Further, the Commission found that the claimant was no longer entitled to TTD as of August 21, 1987, the day following Dr. Anderson’s examination of the claimant, as Dr. Anderson had found the claimant able to return to light duty work. Since the Commission had correctly found that the claimant was not entitled to additional benefits, it cannot be said that the respondent’s discontinuance was unreasonable. Therefore, the Commission properly reversed the arbitrator’s award for penalties under section 19(f).

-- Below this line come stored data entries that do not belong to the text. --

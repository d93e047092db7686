-- ===== src/Accounts/Tests.antt =====
-- The sizes at 183 zero bytes, which are a milestone that is all zero, and one byte less.
use ppv.Base.{◌≡◌, refl, replicate, arith, ◌++◌, ◌∷◌, []}
use ppv.Base.Result.{ok, err}
use ppv.Base.Int.{pos, negsuc}
use ppv.Base.Text.{Text, Bytes, codes}
use ppv.Escrow.States.{MilestoneState, truncated, trailing_bytes}
use ppv.Accounts.Escrow.{
  MilestoneAccount, decode_escrow_agreement_account, decode_proof_account, decode_milestone_account,
}
use ppv.Accounts.Discriminators.{account_discriminator}
use ppv.Accounts.Layout.{Milestone, FitsWidths, layout, account_of, decode_milestone_account-layout}
use ppv.Accounts.Sizes.{
  IsSized, escrow_agreement_account_size, proof_account_size, milestone_account_size,
  decode_account-IsSized,
}

abbrev zeros : Text → Bytes
zeros t = replicate 32 0

abbrev empty_milestone : MilestoneAccount
empty_milestone = record {
  schema_version = 0;
  bump = 0;
  agreement = replicate 32 49;
  milestone_index = 0;
  amount = 0;
  terms_hash = replicate 64 48;
  state = MilestoneState.pending;
  proof = replicate 32 49;
  created_at = pos 0;
  submitted_at = pos 0;
  approved_at = pos 0;
  settled_at = pos 0;
}

is_decoded : decode_milestone_account zeros (replicate 183 0) ≡ ok empty_milestone
unfolding ppv.Accounts.Escrow.decode_milestone_account ppv.Escrow.Events.Reader.u8
    ppv.Escrow.Events.Reader.pubkey ppv.Escrow.Events.Reader.u32 ppv.Escrow.Events.Reader.u64
    ppv.Escrow.Events.Reader.hex_32 ppv.Escrow.Events.Reader.milestone_state
    ppv.Escrow.States.milestone_state_from_index ppv.Escrow.Events.Reader.i64
    ppv.Escrow.Events.Reader.skip ppv.Base58.encode_base58 ppv.Base.Text.hex
is_decoded = refl

one_byte_short : decode_milestone_account zeros (replicate 182 0) ≡ err truncated
unfolding ppv.Accounts.Escrow.decode_milestone_account ppv.Escrow.Events.Reader.u8
    ppv.Escrow.Events.Reader.pubkey ppv.Escrow.Events.Reader.u32 ppv.Escrow.Events.Reader.u64
    ppv.Escrow.Events.Reader.hex_32 ppv.Escrow.Events.Reader.milestone_state
    ppv.Escrow.States.milestone_state_from_index ppv.Escrow.Events.Reader.i64
    ppv.Escrow.Events.Reader.skip
one_byte_short = refl

decode_account-IsSized_example :
    IsSized escrow_agreement_account_size
      (replicate 183 0)
      (decode_escrow_agreement_account zeros (replicate 183 0))
    × IsSized proof_account_size (replicate 183 0) (decode_proof_account zeros (replicate 183 0))
    × IsSized milestone_account_size
        (replicate 183 0)
        (decode_milestone_account zeros (replicate 183 0))
decode_account-IsSized_example = decode_account-IsSized zeros (replicate 183 0)

abbrev paid_milestone : Milestone
paid_milestone = record {
  schema_version = 2;
  bump = 255;
  agreement = replicate 32 1;
  milestone_index = 3;
  amount = 18446744073709551615;
  terms_hash = replicate 32 2;
  state = MilestoneState.settled;
  proof = replicate 32 3;
  created_at = pos 1735787045;
  submitted_at = negsuc 0;
  approved_at = pos 0;
  settled_at = pos 0;
  reserved = replicate 32 9;
}

fits : FitsWidths paid_milestone
fits = record {
  schema_version = omega arith;
  bump = omega arith;
  agreement = refl;
  milestone_index = omega arith;
  amount = omega arith;
  terms_hash = refl;
  proof = refl;
  created_at = refl;
  submitted_at = refl;
  approved_at = refl;
  settled_at = refl;
  reserved = refl;
}

decode_milestone_account-layout_example :
    (decode_milestone_account zeros
        (account_discriminator zeros (codes "Milestone") ++ layout paid_milestone)
      ≡ ok (account_of paid_milestone))
    × (decode_milestone_account zeros
          (account_discriminator zeros (codes "Milestone") ++ (layout paid_milestone ++ 0 ∷ []))
        ≡ err trailing_bytes)
decode_milestone_account-layout_example =
    decode_milestone_account-layout zeros paid_milestone 0 [] (λ t. refl) fits
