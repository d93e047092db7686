-- ===== src/Base/Dict.antt =====
-- JavaScript's `Map`: entries in insertion order, at most one for each key.
pub mod Laws
use mathlib.Core.Path.{◌≡◌, refl}
use mathlib.Core.Option.{Option, none, some}
use mathlib.Core.List.{List, [], ◌∷◌}
use native.Mathlib.Omega.{arith}
use ppv.Base.Tests.{if◌then◌else◌}
use ppv.Base.Equality.{Eq, ◌==◌, ==_iff}

abbrev pub Dict {ℓ κ} : Type ℓ → Type κ → Type (ℓ ⊔ κ)
Dict K V = List (K × V)

module _ {ℓ κ} {K : Type ℓ} {V : Type κ} where
  abbrev pub values : Dict K V → List V
  values [] = []
  values ((k, v) ∷ d) = v ∷ values d

module _ {ℓ κ} {K : Type ℓ} ⦃e : Eq K⦄ {V : Type κ} where
  unfoldable pub get : K → Dict K V → Option V
  get k [] = none
  get k ((j, v) ∷ d) = if j == k then some v else get k d

  -- `map.set`: an entry that exists keeps its place.
  unfoldable pub put : K → V → Dict K V → Dict K V
  put k v [] = (k, v) ∷ []
  put k v ((j, w) ∷ d) = if j == k then (j, v) ∷ d else (j, w) ∷ put k v d

  unfoldable pub delete : K → Dict K V → Dict K V
  delete k [] = []
  delete k ((j, v) ∷ d) = let rest = delete k d in if j == k then rest else (j, v) ∷ rest

  pub get-put :
      (k j : K) (v : V) (d : Dict K V) → get j (put k v d) ≡ (if k == j then some v else get j d)
  unfolding get put
  get-put k j v [] = refl
  get-put k j v ((i, w) ∷ d) = ground (arith, get-put k j v d, ==_iff i k, ==_iff i j, ==_iff k j)

  pub get-delete :
      (k j : K) (d : Dict K V) → get j (delete k d) ≡ (if k == j then none else get j d)
  unfolding get delete
  get-delete k j [] = ground arith
  get-delete k j ((i, v) ∷ d) = ground (arith, get-delete k j d, ==_iff i k, ==_iff i j, ==_iff k j)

Additionally, the Commission was also correct in reversing the arbitrator’s award for attorney fees under section 16, as attorney fees are not recoverable in the absence of section 19(k) penalties. (Waldschmidt, 186 Ill. App. 3d 477, 542 N.E.2d 726; Boker v. Industrial Comm’n (1986), 141 Ill. App. 3d 51, 489 N.E.2d 913.) Here, the arbitrator only awarded penalties under section 19(f), so the award of attorney fees by the arbitrator was inappropriate.

For the foregoing reasons, the judgment of the circuit court of Winnebago County, confirming the Industrial Commission’s decision, is affirmed.

Affirmed.

BARRY, P.J., and McNAMARA, WOODWARD, and McCullough, jj., concur.